I know the ObsMap app give a Fat red text if the species is rare and if it is very rare you have to confirm it by pressing an additional YES. The last option reduced the rare birdinds with 90% which was important as sms and email notifications are send on (mainly) rare bird alerts.
I was very happy that the inaturlist app show a very basic “the species is seen nearby” which, in my option, should be extend to warnigns like ‘not from this continent’,
I have no idea how difficult it is but i used to have a database with plant names (from 30years ago) and the present in the different European states. I am only afraid that for several species the data is out dated.
But a bold red text (can colour blind man see red?) will prevent some wrong admissions.
Nope. To add a little more information to this scenario (again, most common with liverworts and mosses in my experience):
In the upload process, the list of suggestions that drops down has maybe four suggestions I’d like to check out, so I right click and open each in a new tab. One or two might turn out to be as I described before- with photos from a natureserv article or something to that effect, but no existing inaturalist records. In line with this topic’s origins, most others often do show inaturalist records but existing observations may be only in asia only or similarly not geographically sensible (I understand that if I did have a location filter on, I would not see those observations, right?).
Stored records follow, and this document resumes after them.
-- ===== src/Term/Safe.antt =====
-- The handlers that scroll keep the screen well-formed, and none of them panics.
use alacritty_pro.Prelude.{
  ℕ, zero, suc, ◌-◌, ◌≤◌, ◌<◌, min, ◌≡◌, refl, sym, ◌∙◌, ap, arith, Option, some, >>=-step, ◌>>=◌,
  length,
}
use alacritty_pro.Prelude.Int.{pos, ◌-ℤ◌}
use alacritty_pro.Row.{GridCell}
use alacritty_pro.Row.Occupied.{IsLawful}
use alacritty_pro.Grid.Defs
use alacritty_pro.Grid.Defs.{Grid, Region, Cursor}
use alacritty_pro.Grid.Up
use alacritty_pro.Grid.Up.{ScrolledUp, SameScreen}
use alacritty_pro.Grid.Scroll.{scroll_up-ScrolledUp}
use alacritty_pro.Grid.Region.{scroll_up-RegionUp}
use alacritty_pro.Grid.Fixed.{scroll_down-RegionDown}
use alacritty_pro.Term.{Term}
use alacritty_pro.Term.Motion
use alacritty_pro.Term.Motion.{Frame, Moved}
use alacritty_pro.Term.Lines.{
  as_usize, mark_fully_damaged, scroll_up_relative, scroll_down_relative,
}

pub height : (a e : ℕ) → a ≤ e → as_usize (pos e -ℤ pos a) ≡ e - a
height a e h = ground arith

module _ {T : Type 0} ⦃cell : GridCell T⦄ where
  -- A well-formed screen: the cursor, the region and the damage are (`Motion.IsValid`), the grid is, the
  -- saved cursor is on the screen, each column has its tab stop, and there are two columns at least.
  pub record IsValid (t : Term T) : Type 0 where
    pub motion : Motion.IsValid t
    pub grid : Up.IsValid t.grid
    pub saved_row : ℕ
    pub saved_at : t.grid.saved_cursor.point.line ≡ pos saved_row
    pub saved_row_in : saved_row < t.grid.lines
    pub saved_column_in : t.grid.saved_cursor.point.column < t.grid.columns
    pub tabs : length t.tabs.tabs ≡ t.grid.columns
    pub columns : 2 ≤ t.grid.columns

  -- A handler that does not panic and leaves a well-formed screen.
  pub record Safe (m : Option (Term T)) : Type 0 where
    pub out : Term T
    pub returns : m ≡ some out
    pub valid : IsValid out

  -- Two handlers in a row.
  pub Safe-bind :
      (m : Option (Term T)) (f : Term T → Option (Term T))
      → Safe m
      → ((t : Term T) → IsValid t → Safe (f t))
      → Safe (m >>= f)
  Safe-bind m f first next =
      let second = next first.out first.valid in
      record {
        out = second.out;
        returns = >>=-step _ _ first.returns second.returns;
        valid = second.valid;
      }

  -- The state after a handler has put another grid, with the same size and cursors, in place.
  pub regridded :
      (t : Term T) (h : Grid T) (selection : _) (vi : _)
      → IsValid t
      → SameScreen t.grid h
      → Up.IsValid h
      → IsValid
          (mark_fully_damaged (record t { grid = h; selection = selection; vi_mode_cursor = vi }))
  regridded t h selection vi v s w = record {
    motion = record {
      damage = record { numbered = v.motion.damage.numbered };
      entries = v.motion.entries ∙ sym s.lines;
      row = v.motion.row;
      at_row = ap (λ (c : Cursor T). c.point.line) s.cursor ∙ v.motion.at_row;
      row_in = omega (arith, s.lines, v.motion.row_in);
      column_in =
          omega
            (arith, ap (λ (c : Cursor T). c.point.column) s.cursor, s.columns, v.motion.column_in);
      top = v.motion.top;
      bottom = v.motion.bottom;
      start = v.motion.start;
      end = v.motion.end;
      ordered = v.motion.ordered;
      some_line = v.motion.some_line;
      bottom_in = omega (arith, s.lines, v.motion.bottom_in);
    };
    grid = w;
    saved_row = v.saved_row;
    saved_at = ap (λ (c : Cursor T). c.point.line) s.saved ∙ v.saved_at;
    saved_row_in = omega (arith, s.lines, v.saved_row_in);
    saved_column_in =
        omega (arith, ap (λ (c : Cursor T). c.point.column) s.saved, s.columns, v.saved_column_in);
    tabs = v.tabs ∙ sym s.columns;
    columns = omega (arith, s.columns, v.columns);
  }

  -- A grid operation that does not panic and keeps the grid valid and its frame.
  record Regridded (g : Grid T) (m : Option (Grid T)) : Type 0 where
    pub out : Grid T
    pub returns : m ≡ some out
    pub screen : SameScreen g out
    pub valid : Up.IsValid out

  grid_up :
      (lawful : IsLawful cell) (g : Grid T) (a e n : ℕ)
      → Up.IsValid g
      → a ≤ e
      → e ≤ g.lines
      → n ≤ e
      → Regridded g (Defs.scroll_up g (record { start = pos a; end = pos e }) n)
  grid_up lawful g zero e n v h l k =
      let r = scroll_up-ScrolledUp lawful g e n v k l in
      record { out = r.out; returns = r.returns; screen = r.screen; valid = r.valid }
  grid_up lawful g (suc a) e n v h l k =
      let r = scroll_up-RegionUp lawful g (suc a) e n v (omega arith) h l in
      record { out = r.out; returns = r.returns; screen = r.screen; valid = r.valid }

  -- Scrolling from a line of the region, or its end, to its end.
  pub scroll_up_relative-Safe :
      (lawful : IsLawful cell) (t : Term T) (v : IsValid t) (a lines : ℕ)
      → a ≤ v.motion.bottom
      → Safe (scroll_up_relative t (pos a) lines)
  unfolding scroll_up_relative
  scroll_up_relative-Safe lawful t v a lines h =
      let m = v.motion in
      let n = min lines (m.bottom - m.top) in
      let r = grid_up lawful t.grid a m.bottom n v.grid h m.bottom_in (omega arith) in
      let done : Defs.scroll_up t.grid (record { start = pos a; end = t.scroll_region.end })
            (min lines (as_usize (t.scroll_region.end -ℤ t.scroll_region.start)))
          ≡ some r.out =
        rw (m.start, m.end, height m.top m.bottom m.ordered) r.returns in
      record {
        out = _;
        returns = >>=-step _ _ done refl;
        valid = regridded t r.out _ _ v r.screen r.valid;
      }

  pub scroll_down_relative-Safe :
      (lawful : IsLawful cell) (t : Term T) (v : IsValid t) (a lines : ℕ)
      → a ≤ v.motion.bottom
      → Safe (scroll_down_relative t (pos a) lines)
  unfolding scroll_down_relative
  scroll_down_relative-Safe lawful t v a lines h =
      let m = v.motion in
      let n = min (min lines (m.bottom - m.top)) (m.bottom - a) in
      let r = scroll_down-RegionDown lawful t.grid a m.bottom n v.grid h m.bottom_in in
      let done : Defs.scroll_down t.grid (record { start = pos a; end = t.scroll_region.end })
            (min (min lines (as_usize (t.scroll_region.end -ℤ t.scroll_region.start)))
              (as_usize (t.scroll_region.end -ℤ pos a)))
          ≡ some r.out =
        rw (m.start, m.end, height m.top m.bottom m.ordered, height a m.bottom h) r.returns in
      record {
        out = _;
        returns = >>=-step _ _ done refl;
        valid = regridded t r.out _ _ v r.screen r.valid;
      }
Really my only interest in pointing this out is to suggest that the computer vision is not trained solely on research-grade iNat observations. It may be that it is trained on a limited number of images from existing authoritative sources as well (otherwise how would the suggestions I’m referring to end up being suggested to me?). That may indicate that condition 2 in edanko’s post that I was responding to has changed at some point.
There is a different problem with the suggestions too: sometimes, e.g., many beans are suggested, from different genera - but the software does not suggest ‘bean’ itself as a option. As bean is consistent with the suggestions, all of them, that is what I want to pick, and I can as long as I know they are all beans. But if among the suggestions I don’t know what the lowest taxa they have in common is, I cannot decide on a lowest level safe or probable id, except, ofc, by clicking on many of the suggestions and checking their taxonomy. I check taxonomy often enough, I would like for there to be a summary id, in the case where the probable taxa are similar at some level which is not too high. Also even if the taxa don’t meet until, say, dicots, I think it’s not a problem providing that because dicots is a very safe id then, being so high level. The trouble will be if the algorithm often picks multiple taxa of the same low level taxonomic group while ignoring candidates from elsewhere. and then the error is no greater than when one of the given ids is chosen. At least it will be obvious how far up the disagreement is.
I am not sure whether I missed something from this very long thread but I wanted to add an extra example.
This problem occurs widely even with VERY common species of mammals. Not only you get suggested a list of species which don’t even occur in the whole continent, you also get a “we are pretty sure this in the family:” suggestion which links you to the wrong family. The family suggestion is obviously linked to the wrongly suggested top species so even the cautious newbie who wants to be on the safe side fails in assigning a family ID.
Here is a very fresh observation in which the problem occurs:
A very common european rodent (Apodemus, family Muridae) is being wrongly assigned to american species (in the genus Peromyscus, which does not occur in Europe) and of course also assigned to the relative wrong family (Arvicolidae) by the algorithm.
I correct several of these easily avoidable mistakes and this leads me to think that geography is absolutely not taken into account.